Introduction IgG4-related disease (IgG4-RD) is a systemic immune-mediated disease that can involve nearly any organ. IgG4-RD can affect the kidney in different disease patterns, collectively referred to as IgG4-related kidney disease (IgG4-RKD). Methods We conducted a tissue-based cohort study with clinicopathological correlation in 125 patients with IgG4-RKD. Results The mean age at biopsy (n=120) or nephrectomy (n=5) was 63 years; 80% were male. 118 patients (94%) had IgG4-related tubulointerstitial nephritis (IgG4-TIN); 20 patients (16%) had IgG4-related membranous glomerulonephritis (IgG4-MGN; 13 with concurrent IgG4-TIN).
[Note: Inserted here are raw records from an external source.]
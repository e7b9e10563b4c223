-- ===== src/Decode.antt =====
-- The pointer and LEB128 decoding of src/gu_cfi_helper.c. A pointer into a buffer is the list of
-- the bytes from it to the end of the buffer; a read past them is a fault. Multi-byte reads are
-- little-endian, as on the machines that the library supports.
pub mod Bounds
pub mod Leb
use libgunwinder.Base.{
  ℕ, zero, suc, ◌+◌, ◌-◌, ◌*◌, ◌/◌, ◌%◌, ◌^◌, Bool, true, false, ◌||◌, List, [], ◌∷◌, bit_and,
  bit_or, ltb, leb, ◌==◌, if◌then◌else◌, length, drop, Run, ok, fail, fault, past_end, bad_shift,
  ◌>>=◌, ◌>>◌, check,
}

-- The value formats of `DW_EH_PE_*`, by the low four bits of an encoding byte.
pub data Format : Type 0 where
  uleb128 sleb128 udata2 udata4 udata8 sdata2 sdata4 sdata8 absptr no_format : Format

abbrev pub pe_omit : ℕ
pe_omit = 0xff

unfoldable pub format_of : ℕ → Format
format_of type =
    let low = bit_and type 0xf in
    if low == 0x01
    then uleb128
    else if low == 0x09
    then sleb128
    else if low == 0x02
    then udata2
    else if low == 0x0a
    then sdata2
    else if low == 0x03
    then udata4
    else if low == 0x0b
    then sdata4
    else if low == 0x04
    then udata8
    else if low == 0x0c
    then sdata8
    else if low == 0x00
    then absptr
    else no_format

-- The loop runs `count` more times. The shifted value is an `int`: a shift by 32 or more, or a
-- value that does not fit, is undefined.
unfoldable pub uleb_loop : ℕ → List ℕ → ℕ → ℕ → Run (ℕ × List ℕ)
uleb_loop zero bytes shift result = ok (result, bytes)
uleb_loop (suc count) [] shift result = fault past_end
uleb_loop (suc count) (b ∷ r) shift result =
    let value = b % 128 * 2 ^ shift in
    let rest = uleb_loop count r (shift + 7) (bit_or result value) in
    if leb 32 shift || leb (2 ^ 31) value
    then fault bad_shift
    else if ltb b 128
    then ok (bit_or result value, r)
    else rest

unfoldable pub decode_uleb128 : List ℕ → Run (ℕ × List ℕ)
decode_uleb128 bytes = uleb_loop 8 bytes 0 0

-- `result |= ~0 << (shift + 7)` when bit 6 of the last byte is set.
unfoldable pub sign_fill : ℕ → ℕ → ℕ → Run ℕ
sign_fill last shift result =
    if leb 64 (last % 128)
    then (if leb 64 (shift + 7)
        then fault bad_shift
        else ok (bit_or result (2 ^ 64 - 2 ^ (shift + 7))))
    else ok result

unfoldable pub sleb_loop : ℕ → List ℕ → ℕ → ℕ → ℕ → Run (ℕ × List ℕ)
sleb_loop zero bytes last shift result = do v ← sign_fill last shift result; ok (v, bytes)
sleb_loop (suc count) [] last shift result = fault past_end
sleb_loop (suc count) (b ∷ r) last shift result =
    let value = bit_or result (b % 128 * 2 ^ shift % 2 ^ 64) in
    let rest = sleb_loop count r b (shift + 7) value in
    if ltb b 128 then (do v ← sign_fill b shift value; ok (v, r)) else rest

unfoldable pub decode_sleb128 : List ℕ → Run (ℕ × List ℕ)
decode_sleb128 bytes = sleb_loop 10 bytes 0 0 0

-- `*((uintN_t *)buf)` for N = 8 n.
unfoldable pub read_le : ℕ → List ℕ → Run (ℕ × List ℕ)
read_le zero bytes = ok (0, bytes)
read_le (suc n) [] = fault past_end
read_le (suc n) (b ∷ r) = do (v, rest) ← read_le n r; ok (b % 256 + 256 * v, rest)

-- A signed value of n bytes, widened to the 64-bit pattern.
unfoldable pub sign_extend : ℕ → ℕ → ℕ
sign_extend n v = if ltb v (2 ^ (8 * n - 1)) then v else v + 2 ^ 64 - 2 ^ (8 * n)

unfoldable pub read_signed : ℕ → List ℕ → Run (ℕ × List ℕ)
read_signed n bytes = do (v, rest) ← read_le n bytes; ok (sign_extend n v, rest)

unfoldable pub decode_read : Format → List ℕ → Run (ℕ × List ℕ)
decode_read uleb128 bytes = decode_uleb128 bytes
decode_read sleb128 bytes = decode_sleb128 bytes
decode_read udata2 bytes = read_le 2 bytes
decode_read udata4 bytes = read_le 4 bytes
decode_read udata8 bytes = read_le 8 bytes
decode_read absptr bytes = read_le 8 bytes
decode_read sdata2 bytes = read_signed 2 bytes
decode_read sdata4 bytes = read_signed 4 bytes
decode_read sdata8 bytes = read_signed 8 bytes
decode_read no_format bytes = fail

-- A byte without the continuation bit among the first `count`.
unfoldable pub has_last_byte : ℕ → List ℕ → Bool
has_last_byte zero bytes = false
has_last_byte (suc count) [] = false
has_last_byte (suc count) (b ∷ r) = ltb b 128 || has_last_byte count r

unfoldable pub decode_read_fits : Format → List ℕ → Bool
decode_read_fits uleb128 bytes = has_last_byte 8 bytes
decode_read_fits sleb128 bytes = has_last_byte 10 bytes
decode_read_fits udata2 bytes = leb 2 (length bytes)
decode_read_fits sdata2 bytes = leb 2 (length bytes)
decode_read_fits udata4 bytes = leb 4 (length bytes)
decode_read_fits sdata4 bytes = leb 4 (length bytes)
decode_read_fits udata8 bytes = leb 8 (length bytes)
decode_read_fits sdata8 bytes = leb 8 (length bytes)
decode_read_fits absptr bytes = leb 8 (length bytes)
decode_read_fits no_format bytes = false

-- The pointer after the value cannot lie past the end: it is the rest of the list.
unfoldable pub decode_read_checked : Format → List ℕ → Run (ℕ × List ℕ)
decode_read_checked format bytes = do
  check (decode_read_fits format bytes)
  decode_read format bytes

-- The number of bytes of a value; the buffer is not bounded here.
unfoldable pub get_encoding_size : ℕ → List ℕ → Run ℕ
get_encoding_size type bytes = if type == pe_omit then ok 0 else elim (format_of type) [
  | uleb128 ↦ do (v, rest) ← decode_uleb128 bytes; ok (length bytes - length rest)
  | sleb128 ↦ do (v, rest) ← decode_sleb128 bytes; ok (length bytes - length rest)
  | udata2 ↦ ok 2
  | sdata2 ↦ ok 2
  | udata4 ↦ ok 4
  | sdata4 ↦ ok 4
  | udata8 ↦ ok 8
  | sdata8 ↦ ok 8
  | absptr ↦ ok 8
  | no_format ↦ ok 0
]

-- `buf += len`; the result is a pointer into the bytes or to their end.
unfoldable pub move_on : ℕ → List ℕ → Run (List ℕ)
move_on len bytes = if leb len (length bytes) then ok (drop len bytes) else fault past_end

-- `block_fits`.
unfoldable pub block_fits : ℕ → List ℕ → Bool
block_fits len bytes = leb len (length bytes)

-- `block_fits`, and the pointer behind the block.
unfoldable pub skip_block : ℕ → List ℕ → Run (List ℕ)
skip_block len bytes = do check (block_fits len bytes); move_on len bytes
The primary clinical indication for biopsy/nephrectomy was acute or chronic renal failure in 78%, proteinuria in 17%, and mass lesion(s) in 15% (with overlap in primary indication). 52% (41/79) had abnormal radiographic findings, including mass(es) in 30% (24/79). All patients with IgG4-MGN had proteinuria. Extra-renal involvement by IgG4-RD was present in 79%. Median serum creatinine at presentation was 2.5 mg/dL (range 0.7-12). Serum IgG and/or IgG4 was increased in 91% (53/58); hypocomplementemia was present in 56% (43/77). Light microscopy showed plasma cell-rich interstitial nephritis in all cases of IgG4-TIN. 92% showed increased IgG4+ plasma cells. 7% showed an acute interstitial nephritis (AIN) pattern, and 5% showed non-necrotizing arteritis. Tubular basement membrane immune deposits were present in 83% of IgG4-TIN. Treatment information was available for 71 patients; 62 were treated with immunosuppression. Of those with elevated creatinine, 72% (41/57) showed a treatment response. Conclusion This largest tissue-based series more clearly defines the disease phenotype of IgG4-RKD.